Stored data entries
Segment Open

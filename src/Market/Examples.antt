-- ===== src/Market/Examples.antt =====
-- apps/web/src/operator/useMarket.ts and marketBuffer.ts: runs on concrete events.
use montlok_terminal.Prelude.{ℕ, ◌≡◌, refl, List, [], ◌∷◌, Option, some, take, string_eq}
use montlok_terminal.Prelude.Naturals.{naturals}
use montlok_terminal.JsMap.{get, set}
use montlok_terminal.Json.{Json, number, string, array, object, field, end, cons, nil}
use montlok_terminal.Market.Buffer.{json}
use montlok_terminal.Market.Refinement.{
  Call, appends, puts, drains, call_page, calls_page, calls_feed, new_page, new_feed, calls-Refines,
}
use montlok_terminal.Market.Effects.{
  Event, changed, arrives, message, flushes, candles, socket_closed, snapshot, candles_failed,
  new_hook, cleaned, step, run,
}
use montlok_terminal.Market.Superseded.{run-superseded}

abbrev calls : List (Call ℕ)
calls =
    puts "ticker" (json (number "1"))
    ∷ appends (number "10" ∷ [])
    ∷ drains
    ∷ puts "ticker" (json (number "2"))
    ∷ appends (number "11" ∷ [])
    ∷ []

calls-Refines_example :
    ((calls_page new_page calls).buffer.trades ≡ take 60 (calls_feed new_feed calls).history)
    × (get (call_page (calls_page new_page calls) drains).row "ticker"
        ≡ (calls_feed new_feed calls).newest "ticker")
calls-Refines_example = calls-Refines calls "ticker" (refl, (refl, (refl, (refl, (refl, tt)))))

-- A message of the channel `tickers`.
abbrev ticker : Json
ticker = object (
    field "payload"
      (object (
        field "arg" (object (field "channel" (string "tickers") end)) (
          field "data"
            (array (cons (object (field "last" (string "5") (field "ts" (string "9") end))) nil))
            end)))
      end)

abbrev events : List Event
events =
    changed "BTC-USDT"
    ∷ arrives 1 (message (some ticker))
    ∷ arrives 1 flushes
    ∷ changed "ETH-USDT"
    ∷ arrives 2 (message (some ticker))
    ∷ []

abbrev late : List Event
late =
    arrives 1 (snapshot [])
    ∷ arrives 1 (candles [])
    ∷ arrives 1 flushes
    ∷ arrives 1 socket_closed
    ∷ arrives 1 (candles_failed "timeout")
    ∷ []

run-superseded_example :
    (run (run (new_hook {N = Option ℕ}) events) late).shown
    ≡ (run (new_hook {N = Option ℕ}) events).shown
unfolding run step set cleaned
run-superseded_example =
    run-superseded {N = Option ℕ} events late (refl, (refl, (refl, (refl, (refl, tt)))))
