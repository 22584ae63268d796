-- ===== src/Selection.antt =====
-- apps/web/src/operator: which strategy group and which of its runs the console shows.
pub mod Storage
pub mod Validate
pub mod Verified
pub mod Groups
pub mod Saving
pub mod Operator
pub mod Restoring
pub mod Reload
pub mod Account
pub mod Source
mod Examples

Segment Closed

Work required: Repeat the data. Every word must match.

Solution to this problem:
filename src/Market/Examples.antt
-- ===== src/Market/Examples.antt =====
-- apps/web/src/operator/useMarket.ts and marketBuffer.ts: runs on concrete events.
use montlok_terminal.Prelude.{ℕ, ◌≡◌, refl, List, [], ◌∷◌, Option, some, take, string_eq}
use montlok_terminal.Prelude.Naturals.{naturals}
use montlok_terminal.JsMap.{get, set}
use montlok_terminal.Json.{Json, number, string, array, object, field, end, cons, nil}
use montlok_terminal.Market.Buffer.{json}
use montlok_terminal.Market.Refinement.{
  Call, appends, puts, drains, call_page, calls_page, calls_feed, new_page, new_feed, calls-Refines,
}
use montlok_terminal.Market.Effects.{
  Event, changed, arrives, message, flushes, candles, socket_closed, snapshot, candles_failed,
  new_hook, cleaned, step, run,
}
use montlok_terminal.Market.Superseded.{run-superseded}

abbrev calls : List (Call ℕ)
calls =
    puts "ticker" (json (number "1"))
    ∷ appends (number "10" ∷ [])
    ∷ drains
    ∷ puts "ticker" (json (number "2"))
    ∷ appends (number "11" ∷ [])
    ∷ []

calls-Refines_example :
    ((calls_page new_page calls).buffer.trades ≡ take 60 (calls_feed new_feed calls).history)
    × (get (call_page (calls_page new_page calls) drains).row "ticker"
        ≡ (calls_feed new_feed calls).newest "ticker")
calls-Refines_example = calls-Refines calls "ticker" (refl, (refl, (refl, (refl, (refl, tt)))))

-- A message of the channel `tickers`.
abbrev ticker : Json
ticker = object (
    field "payload"
      (object (
        field "arg" (object (field "channel" (string "tickers") end)) (
          field "data"
            (array (cons (object (field "last" (string "5") (field "ts" (string "9") end))) nil))
            end)))
      end)

abbrev events : List Event
events =
    changed "BTC-USDT"
    ∷ arrives 1 (message (some ticker))
    ∷ arrives 1 flushes
    ∷ changed "ETH-USDT"
    ∷ arrives 2 (message (some ticker))
    ∷ []

abbrev late : List Event
late =
    arrives 1 (snapshot [])
    ∷ arrives 1 (candles [])
    ∷ arrives 1 flushes
    ∷ arrives 1 socket_closed
    ∷ arrives 1 (candles_failed "timeout")
    ∷ []

run-superseded_example :
    (run (run (new_hook {N = Option ℕ}) events) late).shown
    ≡ (run (new_hook {N = Option ℕ}) events).shown
unfolding run step set cleaned
run-superseded_example =
    run-superseded {N = Option ℕ} events late (refl, (refl, (refl, (refl, (refl, tt)))))
repository 22584ae63268d796
-- ===== src/Selection.antt =====
-- apps/web/src/operator: which strategy group and which of its runs the console shows.
pub mod Storage
pub mod Validate
pub mod Verified
pub mod Groups
pub mod Saving
pub mod Operator
pub mod Restoring
pub mod Reload
pub mod Account
pub mod Source
mod Examples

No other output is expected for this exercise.